Your comments are welcome. Please feel free to share this post with your friends. Print it out. Send them an email link, or post it on Facebook or Twitter. Let us know if you’d like to meet one of our dietflex coaches to learn about the dietflex program – either face to face or online.

We wish you the best of health,

Jamie Hayes

  • Casey Conrad says:

    Jamie,

    Great job in outlining the pros and cons as concisely as you could possibly narrow down 266+ pages.

    We we both know from years of being in the weight loss industry, the equation is not complicated, it is the execution that people fail at.
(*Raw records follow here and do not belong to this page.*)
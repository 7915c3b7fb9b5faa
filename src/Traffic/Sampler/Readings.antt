-- ===== src/Traffic/Sampler/Readings.antt =====
-- internal/traffic/sampler.go: which readings a call leaves behind.
use mathlib.Core.Path.{subst}
use Prim.{⊥}
use i_pulse.Base.{
  ℕ, ◌≡◌, inl, inr, refl, ap, sym, ◌∙◌, Bool, List, [], ◌∷◌, ◌++◌, Option, none, some, Bool-cases,
  Option-cases, Floats, All, get, put, get-put, get-retain, only_if, test_at,
}
use i_pulse.Traffic.SelfTraffic.{SelfTraffic}
use i_pulse.Util.Glob.{same}
use i_pulse.Traffic.Sampler.{
  Interface, Config, Sampler, Sample, monitored, seen, reading, sample_all, sample, bytes_eq,
}
use i_pulse.Traffic.Sampler.Wanted.{
  is_some, IsWanted, IsOther, last_read, IsLast, last_read-IsLast, seen-last_read,
}

module _ {F : Type 0} ⦃fl : Floats F⦄ (scale : ℕ → ℕ → ℕ → ℕ) (lower : List ℕ → List ℕ)
    (cfg : Config) (self : Option SelfTraffic) (now : ℕ) where
  abbrev or_held : Option (Sample F) → Option Interface → Option (Sample F)
  or_held o none = o
  or_held o (some i) = some (reading i now)

  get-sample_all :
      (n : List ℕ) (ifaces : List Interface) (held : List (List ℕ × Sample F))
      → get n (sample_all scale lower cfg self now held ifaces).0
        ≡ or_held (get n held) (last_read lower cfg n ifaces)
  unfolding sample_all last_read
  get-sample_all n [] held = refl
  get-sample_all n (iface ∷ rest) held =
      let one = put iface.name (reading iface now) held in
      let taken = get-sample_all n rest one in
      let skipped = get-sample_all n rest held in
      let stored = get-put iface.name n (reading iface now) held in
      elim (Bool-cases (monitored lower cfg iface)) [
        | inl on ↦ elim (Option-cases (last_read lower cfg n rest)) [
          | inr (j, found) ↦ rw (on, found) (taken ∙ ap (or_held (get n one)) found)
          | inl nothing ↦ elim (Bool-cases (same iface.name n)) [
            | inl at ↦
                rw (on, nothing, at)
                  (taken ∙ ap (or_held (get n one)) nothing ∙ stored ∙ rw (at, on) refl)
            | inr other ↦
                rw (on, nothing, other)
                  (taken ∙ ap (or_held (get n one)) nothing ∙ stored ∙ rw (other, on) refl)
          ]
        ]
        | inr off ↦ elim (Option-cases (last_read lower cfg n rest)) [
          | inr (j, found) ↦ rw (off, found) (skipped ∙ ap (or_held (get n held)) found)
          | inl nothing ↦ rw (nothing, off) (skipped ∙ ap (or_held (get n held)) nothing)
        ]
      ]

  -- A reading is kept exactly if its interface was seen.
  kept-or_held :
      (p : List ℕ → Bool) (n : List ℕ) (o : Option (Sample F)) (i : Option Interface)
      → p n ≡ is_some i
      → only_if (test_at (λ name x. p name) n (or_held o i)) (or_held o i) ≡ or_held none i
  kept-or_held p n none none h = refl
  kept-or_held p n (some x) none h = rw h refl
  kept-or_held p n o (some i) h = rw h refl

module _ {F : Type 0} ⦃fl : Floats F⦄ (scale : ℕ → ℕ → ℕ → ℕ) (lower : List ℕ → List ℕ) where
  -- What is held under a name is the reading, at the instant, of the last wanted interface of the name.
  pub IsNewest : Config → List Interface → ℕ → List ℕ → Option (Sample F) → Type 0
  IsNewest cfg ifaces now n none = All (λ j. j.name ≡ n → IsWanted lower cfg j → ⊥) ifaces
  IsNewest cfg ifaces now n (some y) =
      (before : List Interface) × (i : Interface) × (after : List Interface) × (ifaces
        ≡ before ++ i ∷ after)
      × (y ≡ reading i now)
      × (i.name ≡ n)
      × IsWanted lower cfg i
      × All (λ j. j.name ≡ n → IsWanted lower cfg j → ⊥) after

  reading-IsNewest :
      (cfg : Config) (ifaces : List Interface) (now : ℕ) (n : List ℕ) (y : Option (Sample F))
      (o : Option Interface)
      → y ≡ or_held scale lower cfg none now none o
      → IsLast lower cfg n ifaces o
      → IsNewest cfg ifaces now n y
  unfolding IsLast IsOther IsNewest
  reading-IsNewest cfg ifaces now n y none e h = subst (IsNewest cfg ifaces now n) (sym e) h
  reading-IsNewest cfg ifaces now n y (some i) e (before, after, split, named, wanted, others) =
      subst (IsNewest cfg ifaces now n) (sym e)
        (before, i, after, split, refl, named, wanted, others)

  -- After a call, whatever was held before: under each name the sampler holds the whole reading, taken now,
  -- of the last interface of that name among those that the call read, counting those only that are no
  -- loopback and that the patterns to include match, or, if there are none, the patterns to exclude do
  -- not match; and nothing under a name that no such interface has, so what has disappeared is
  -- forgotten.
  pub sample-keeps :
      (s : Sampler F) (ifaces : List Interface) (now : ℕ) (n : List ℕ)
      → IsNewest s.cfg ifaces now n (get n (sample scale lower s ifaces now).0.prev)
  unfolding sample
  sample-keeps s ifaces now n =
      let held = (sample_all scale lower s.cfg s.self now s.prev ifaces).0 in
      let last = last_read lower s.cfg n ifaces in
      let p = seen lower s.cfg ifaces in
      let found = get-retain (λ name (x : Sample F). p name) n held in
      let at = get-sample_all scale lower s.cfg s.self now n ifaces s.prev in
      let is =
        found
        ∙ ap (λ o. only_if (test_at (λ name x. p name) n o) o) at
        ∙ kept-or_held scale lower s.cfg s.self now p n (get n s.prev) last
            (seen-last_read lower s.cfg n ifaces) in
      reading-IsNewest s.cfg ifaces now n (get n (sample scale lower s ifaces now).0.prev) last is
        (last_read-IsLast lower s.cfg n ifaces)
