-- What `urlsplit` gives, its `hostname` included; none where it or one of its properties raises.
pub record Url : Type 0 where
  pub scheme : Text
  pub hostname : Option Text
  pub has_user : Bool
  pub query : Text
  pub fragment : Text

pub record Environment : Type 0 where
  pub is_windows : Bool
  pub openai_key : Option Text
  pub deepseek_key : Option Text

-- `data.get(key, default)`
unfoldable pub get_or : Text → Value → Fields → Value
unfolding get
get_or key default data' = elim (get key data') [ none ↦ default | some v ↦ v ]

bounded : Text → ℕ → Value → Result ConfigError ℕ
bounded name limit (int (pos n)) = if ltb n 1 || ltb limit n then err (out_of_bounds name) else ok n
bounded name limit (int (negsuc n)) = err (out_of_bounds name)
bounded name limit _ = err (not_an_integer name)

unfoldable pub validate_max_turns : Value → Result ConfigError ℕ
unfolding bounded
validate_max_turns v = bounded (codes "max_turns") max_turns_limit v

unfoldable pub validate_max_run_seconds : Value → Result ConfigError ℕ
unfolding bounded
validate_max_run_seconds v = bounded (codes "max_run_seconds") hard_max_run_seconds v

-- src/deepseek_mcp/provider_settings.py
unfoldable pub validate_max_output_tokens : Value → Result ConfigError ℕ
unfolding bounded
validate_max_output_tokens v = bounded (codes "max_output_tokens") default_max_output_tokens v

tool_names : Items → Result ConfigError (List Text)
tool_names nil = ok []
tool_names (cons (str t) vs) = do ts ← tool_names vs; ok (t ∷ ts)
tool_names (cons _ vs) = err invalid_tools

unfoldable pub has_duplicates : List Text → Bool
unfolding member
has_duplicates [] = false
has_duplicates (t ∷ ts) = member t ts || has_duplicates ts
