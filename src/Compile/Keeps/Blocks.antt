-- ===== src/Compile/Keeps/Blocks.antt =====
-- compile.go: changes of a context's blocks and local variables that keep it coherent.
use gopher_lua.Prelude.{
  ℕ, ◌<◌, ◌≡◌, refl, ◌∙◌, ap, inl, inr, List, [], ◌∷◌, ◌++◌, length, length-append, length-set,
  arith, Bool-cases, set, get_elem?, get_elem?-set_cases, get_elem?-append_cases, Option, none,
  some,
}
use gopher_lua.Prelude.Int.{ℤ, pos, ltb_ℤ}
use gopher_lua.Ast.{Node}
use gopher_lua.Compile.Names.{register, new_name_pool}
use gopher_lua.Compile.Proto.{DbgLocalInfo}
use gopher_lua.Compile.Context.{
  CodeBlock, FuncContext, block_at, parent_at, not_nil, set_reg_top, register_local_var,
  enter_block, new_code_block, max_registers,
}
use gopher_lua.Compile.Context.Scopes.{Nested}
use gopher_lua.Compile.Keeps.{
  Post, Post-bind, Post-done, Post-error, Post-panic, Post-map, Coherent, KeepsContext,
}

-- A block may change in place, with its parent.
set-Nested :
    (blocks : List CodeBlock) (i : ℕ) (b b' : CodeBlock)
    → Nested blocks
    → get_elem? blocks i ≡ some b
    → b'.parent ≡ b.parent
    → Nested (set blocks i b')
set-Nested blocks i b b' nested at same j c here = elim (get_elem?-set_cases blocks i b' j c here) [
  | inl new ↦ rw new.0 (rw new.1 (rw same (nested i b at)))
  | inr old ↦ nested j c old
]

append-Nested :
    (blocks : List CodeBlock) (b : CodeBlock) (j : ℕ)
    → Nested blocks
    → b.parent ≡ some j
    → j < length blocks
    → Nested (blocks ++ b ∷ [])
append-Nested blocks b j nested up low i c here = elim (get_elem?-append_cases blocks b i c here) [
  | inl old ↦ nested i c old
  | inr new ↦ inr (j, ap (λ (x : CodeBlock). x.parent) new.1 ∙ up, omega (arith, new.0))
]

pub Post-block_at :
    (blocks : List CodeBlock) (i : ℕ) → Post (λ b. get_elem? blocks i ≡ some b) (block_at blocks i)
Post-block_at blocks i = found (get_elem? blocks i)
  where
    found : (o : Option CodeBlock) → Post (λ b. o ≡ some b) (not_nil o)
    found none = Post-panic _
    found (some b) = Post-done b refl

pub Post-parent_at :
    (blocks : List CodeBlock) (o : Option ℕ) → Post (λ b. Unit {0}) (parent_at blocks o)
Post-parent_at blocks none = Post-panic _
Post-parent_at blocks (some i) = Post-map (block_at blocks i) (Post-block_at blocks i) (λ b e. tt)

module _ {N : Type 0} where
  pub set_reg_top-Coherent :
      (k : ℕ) (top : ℤ) (fc : FuncContext N)
      → Coherent k fc
      → Post (Coherent k) (set_reg_top top fc)
  unfolding set_reg_top
  set_reg_top-Coherent k top fc h = elim (Bool-cases (ltb_ℤ (pos max_registers) top)) [
    | inl high ↦ rw high (Post-error _ _)
    | inr low ↦ rw low (
        Post-done _ (record {
          nested = h.nested;
          current = h.current;
          matched = h.matched;
          constants = h.constants;
          prototypes = h.prototypes;
        }))
  ]

  -- A block in place, with its parent.
  pub block-Coherent :
      (k i : ℕ) (b b' : CodeBlock) (fc : FuncContext N)
      → Coherent k fc
      → get_elem? fc.blocks i ≡ some b
      → b'.parent ≡ b.parent
      → Coherent k (record fc { blocks = set fc.blocks i b' })
  block-Coherent k i b b' fc h at same = record {
    nested = set-Nested fc.blocks i b b' h.nested at same;
    current = omega (arith, length-set fc.blocks i b', h.current);
    matched = h.matched;
    constants = h.constants;
    prototypes = h.prototypes;
  }

  -- The part of a prototype that coherence is not about.
  pub proto-Coherent :
      (k : ℕ) (fc : FuncContext N) (locals : List DbgLocalInfo)
      → Coherent k fc
      → Coherent k (record fc { proto = record (fc.proto) { dbg_locals = locals } })
  proto-Coherent k fc locals h = record {
    nested = h.nested;
    current = h.current;
    matched = h.matched;
    constants = h.constants;
    prototypes = h.prototypes;
  }

  pub register_local_var-Coherent : (name : List ℕ) → KeepsContext (register_local_var {N = N} name)
  unfolding register_local_var
  register_local_var-Coherent name = record {
    at = λ k fc h.
        Post-bind (block_at fc.blocks fc.block) _ (Post-block_at fc.blocks fc.block) (λ b at.
          Post-bind (set_reg_top _ _) _
            (set_reg_top-Coherent k _ _ (
              block-Coherent k fc.block b (record b { local_vars = (register name b.local_vars).1 })
                _ (proto-Coherent k fc _ h) at refl))
            (λ fc' h'. Post-done _ h'));
  }

  pub enter_block-Coherent :
      (k : ℕ) (blabel : ℤ) (at : Option Node) (fc : FuncContext N)
      → Coherent k fc
      → Coherent k (enter_block blabel at fc)
  unfolding enter_block new_code_block
  enter_block-Coherent k blabel at fc h = record {
    nested = append-Nested fc.blocks _ fc.block h.nested refl h.current;
    current = omega (
      arith,
      length-append fc.blocks
          (new_code_block (new_name_pool fc.reg_top) blabel (some fc.block) at ∷ []),
    );
    matched = h.matched;
    constants = h.constants;
    prototypes = h.prototypes;
  }
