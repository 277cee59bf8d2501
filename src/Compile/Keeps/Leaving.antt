-- ===== src/Compile/Keeps/Leaving.antt =====
-- compile.go: leaving blocks, and a new context, keep a context coherent.
use gopher_lua.Prelude.{
  ℕ, zero, suc, ◌≡◌, refl, ap, inl, inr, List, [], ◌∷◌, arith, Bool-cases, get_elem?, Option, none,
  some,
}
use gopher_lua.Prelude.Int.{ℤ, pos, negsuc}
use gopher_lua.Prelude.Result.{Result}
use gopher_lua.Compile.Code.{CodeStore, new_code, add_abc, last_pc}
use gopher_lua.Compile.Names.{NameValue, list_names, last_index}
use gopher_lua.Compile.Proto.{DbgLocalInfo}
use gopher_lua.Compile.Context.{
  CodeBlock, FuncContext, lift, block_at, parent_at, to_parent, set_reg_top, new_code_block,
  close_block_upvalues, end_scope, end_scope_from, end_local, set_end, leave_block,
  new_func_context, new_function_proto,
}
use gopher_lua.Compile.Context.Scopes.{Nested}
use gopher_lua.Compile.Keeps.{
  Post, Post-bind, Post-done, Post-panic, Post-lift, Coherent, KeepsContext,
}
use gopher_lua.Compile.Keeps.Codes.{Matched, KeepsCode, KeepsCode-add_abc}
use gopher_lua.Compile.Keeps.Blocks.{
  Post-block_at, Post-parent_at, set_reg_top-Coherent, proto-Coherent,
}

-- The ends of local variables may lie outside the list, which panics.
set_end-Ends :
    (o : Option DbgLocalInfo) (i : ℕ) (pc : ℤ) (locals : List DbgLocalInfo)
    → Post (λ l. Unit {0}) (set_end o i pc locals)
set_end-Ends none i pc locals = Post-panic _
set_end-Ends (some info) i pc locals = Post-done _ tt

end_local-Ends :
    (i pc : ℤ) (locals : List DbgLocalInfo) → Post (λ l. Unit {0}) (end_local i pc locals)
end_local-Ends (pos i) pc locals = set_end-Ends (get_elem? locals i) i pc locals
end_local-Ends (negsuc i) pc locals = Post-panic _

end_scope_from-Post :
    (vars : List NameValue) (pc : ℤ) (locals : List DbgLocalInfo)
    → Post (λ l. Unit {0}) (end_scope_from vars pc locals)
unfolding end_scope_from
end_scope_from-Post [] pc locals = Post-done _ tt
end_scope_from-Post (vr ∷ vars) pc locals =
    Post-bind (end_local vr.index pc locals) _ (end_local-Ends vr.index pc locals)
      (λ next u. end_scope_from-Post vars pc next)

module _ {N : Type 0} where
  pub code-Coherent :
      (k : ℕ) (fc : FuncContext N) (code : CodeStore)
      → Coherent k fc
      → Matched code
      → Coherent k (record fc { code = code })
  code-Coherent k fc code h m = record {
    nested = h.nested;
    current = h.current;
    matched = m;
    constants = h.constants;
    prototypes = h.prototypes;
  }

  -- An operation of the code store that keeps a line for each instruction.
  pub lift-Coherent :
      (k : ℕ) (f : CodeStore → Result CodeStore) (fc : FuncContext N)
      → KeepsCode f
      → Coherent k fc
      → Post (λ code. Coherent k (record fc { code = code })) (lift (f fc.code))
  lift-Coherent k f fc kf h =
      Post-lift (f fc.code) (λ code e. code-Coherent k fc code h (kf.at fc.code code h.matched e))

  pub close_block_upvalues-Coherent : KeepsContext (close_block_upvalues {N = N})
  unfolding close_block_upvalues
  close_block_upvalues-Coherent = record {
    at = λ k fc h.
        Post-bind (block_at fc.blocks fc.block) _ (Post-block_at fc.blocks fc.block) (λ b at.
          elim (Bool-cases b.ref_upvalue) [
            | inl closed ↦ rw closed (
                Post-bind (parent_at fc.blocks b.parent) _ (Post-parent_at fc.blocks b.parent)
                  (λ p u.
                    Post-bind (lift (add_abc _ (last_index p.local_vars) _ _ _ fc.code)) _
                      (lift-Coherent k _ fc (KeepsCode-add_abc _ (last_index p.local_vars) _ _ _) h)
                      (λ code h'. Post-done _ h')))
            | inr plain ↦ rw plain (Post-done _ h)
          ]);
  }

  pub end_scope-Coherent :
      (k : ℕ) (fc : FuncContext N) → Coherent k fc → Post (Coherent k) (end_scope fc)
  unfolding end_scope
  end_scope-Coherent k fc h =
      Post-bind (block_at fc.blocks fc.block) _ (Post-block_at fc.blocks fc.block) (λ b at.
        Post-bind (end_scope_from (list_names b.local_vars) (last_pc fc.code) fc.proto.dbg_locals) _
          (end_scope_from-Post (list_names b.local_vars) (last_pc fc.code) fc.proto.dbg_locals)
          (λ locals u. Post-done _ (proto-Coherent k fc locals h)))

  -- The parent of the current block is a block.
  to_parent-Coherent :
      (k : ℕ) (b : CodeBlock) (fc : FuncContext N)
      → Coherent k fc
      → get_elem? fc.blocks fc.block ≡ some b
      → Post (Coherent k) (to_parent b.parent fc)
  to_parent-Coherent k b fc h at = elim (h.nested fc.block b at) [
    | inl top ↦ rw top (Post-panic _)
    | inr inner ↦ rw inner.1 (
        Post-done _ (record {
          nested = h.nested;
          current = let low = inner.2 in let current = h.current in omega arith;
          matched = h.matched;
          constants = h.constants;
          prototypes = h.prototypes;
        }))
  ]

  pub leave_block-Coherent : KeepsContext (leave_block {N = N})
  unfolding leave_block
  leave_block-Coherent = record {
    at = λ k fc h.
        Post-bind (close_block_upvalues fc) _ (close_block_upvalues-Coherent.at k fc h) (λ r h1.
          Post-bind (end_scope r.1) _ (end_scope-Coherent k r.1 h1) (λ ended h2.
            Post-bind (block_at ended.blocks ended.block) _ (Post-block_at ended.blocks ended.block)
              (λ b at.
                Post-bind (to_parent b.parent ended) _ (to_parent-Coherent k b ended h2 at)
                  (λ outer h3.
                    Post-bind (block_at outer.blocks outer.block) _
                      (Post-block_at outer.blocks outer.block)
                      (λ p at'.
                        Post-bind (set_reg_top (last_index p.local_vars) outer) _
                          (set_reg_top-Coherent k (last_index p.local_vars) outer h3)
                          (λ left h4. Post-done _ h4))))));
  }

  pub new_func_context-Coherent :
      (k : ℕ) (name : List ℕ) → Coherent k (new_func_context {N = N} name)
  unfolding new_func_context new_function_proto new_code_block new_code
  new_func_context-Coherent k name = record {
    nested = only;
    current = omega arith;
    matched = refl;
    constants = omega arith;
    prototypes = λ i p e. absurd cc;
  }
    where
      inside : {x y : CodeBlock} → some x ≡ some y → y ≡ x
      inside e = cc

      only : Nested (new_func_context {N = N} name).blocks
      only zero b e = inl (ap (λ (x : CodeBlock). x.parent) (inside e))
      only (suc i) b e = absurd cc
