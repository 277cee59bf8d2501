-- ===== src/Compile/Keeps/Constants.antt =====
-- compile.go: adding a constant keeps a context coherent.
use gopher_lua.Prelude.{
  ℕ, ◌-◌, inl, inr, [], ◌∷◌, ◌++◌, length, length-append, arith, leb, ltb, Bool-cases, Option, none,
  some,
}
use gopher_lua.Prelude.Int.{ℤ, pos}
use gopher_lua.Value.{Float, LValue}
use gopher_lua.Opcode.Word.{op_max_arg_bx, op_max_index_rk}
use gopher_lua.Compile.Code.{add_abx}
use gopher_lua.Compile.Context.{FuncContext, lift, const_index, const_at, find_const}
use gopher_lua.Compile.Refs.{Loaded, load_rk, load_index}
use gopher_lua.Compile.Keeps.{Post, Post-bind, Post-done, Post-error, Coherent, KeepsContext}
use gopher_lua.Compile.Keeps.Codes.{KeepsCode-add_abx}
use gopher_lua.Compile.Keeps.Leaving.{lift-Coherent}

module _ {N : Type 0} ⦃F : Float N⦄ where
  const_at-Coherent :
      (k : ℕ) (found : Option ℕ) (value : LValue N) (fc : FuncContext N)
      → Coherent k fc
      → Post (λ (r : ℕ × FuncContext N). Coherent k r.1) (const_at found value fc)
  unfolding const_at
  const_at-Coherent k (some i) value fc h = Post-done _ h
  const_at-Coherent k none value fc h =
      let grown = length-append fc.proto.constants (value ∷ []) in
      elim (Bool-cases (ltb op_max_arg_bx (length (fc.proto.constants ++ value ∷ []) - 1))) [
        | inl many ↦ rw many (Post-error _ _)
        | inr few ↦ rw few (
            Post-done _ (record {
              nested = h.nested;
              current = h.current;
              matched = h.matched;
              constants = ground (arith, grown);
              prototypes = h.prototypes;
            }))
      ]

  pub const_index-Coherent : (value : LValue N) → KeepsContext (const_index value)
  unfolding const_index
  const_index-Coherent value = record {
    at = λ k fc h. const_at-Coherent k (find_const 0 value fc.proto.constants) value fc h;
  }

  load_index-Coherent :
      (k : ℕ) (reg line : ℤ) (i : ℕ) (fc : FuncContext N)
      → Coherent k fc
      → Post (λ (l : Loaded N). Coherent k l.context) (load_index reg line i fc)
  unfolding load_index
  load_index-Coherent k reg line i fc h = elim (Bool-cases (leb i op_max_index_rk)) [
    | inl small ↦ rw small (Post-done _ h)
    | inr large ↦ rw large (
        Post-bind (lift (add_abx _ reg (pos i) line fc.code)) _
          (lift-Coherent k _ fc (KeepsCode-add_abx _ reg (pos i) line) h)
          (λ code h'. Post-done _ h'))
  ]

  pub load_rk-Coherent :
      (k : ℕ) (reg line : ℤ) (value : LValue N) (fc : FuncContext N)
      → Coherent k fc
      → Post (λ (l : Loaded N). Coherent k l.context) (load_rk reg line value fc)
  unfolding load_rk
  load_rk-Coherent k reg line value fc h =
      Post-bind (const_index value fc) _ ((const_index-Coherent value).at k fc h)
        (λ r h'. load_index-Coherent k reg line r.0 r.1 h')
    My suggestion is that as a leader in the battle against obesity in Australia you now take your points, break them down into even smaller bits and create a community of people who want to truly make a difference by getting this information into the hands of parents across the country. Not a small task but then again, everyone needs a BHAG.

  • Jamie Hayes says:

    Thanks Casey,

    As always you make great suggestions – adding to my to do list!

    I’ll keep you posted.

    Jamie

  • Tim Michael says:

    Well done, Jamie.
    Great analysis.
    Obesity is now reaching epidemic proportions in Australia and this is the wake-up call we all need.
    Hopefully your dietflex program will now help Australians win the battle of the bulge.
    Keep up the good work.

  • Greg Hurst says:

    Hi Jamie

    This was a very informative summary. You and your team are definitely on top of the current agenda of healthy eating and healthy weight loss. Yes, the guidelines are an improvement but they will always suffer from the inertia of peer reviewed research and institutional agreement. In and of itself this is not a bad thing as it limits careering from one idea or trend to the next. However, it does emphasise the benefit of the good work conducted by yourself and others who continue to push for a rethink of ‘known wisdom’ and are able to innovate in a timely manner as and when quality information comes to hand. Keep up the good work.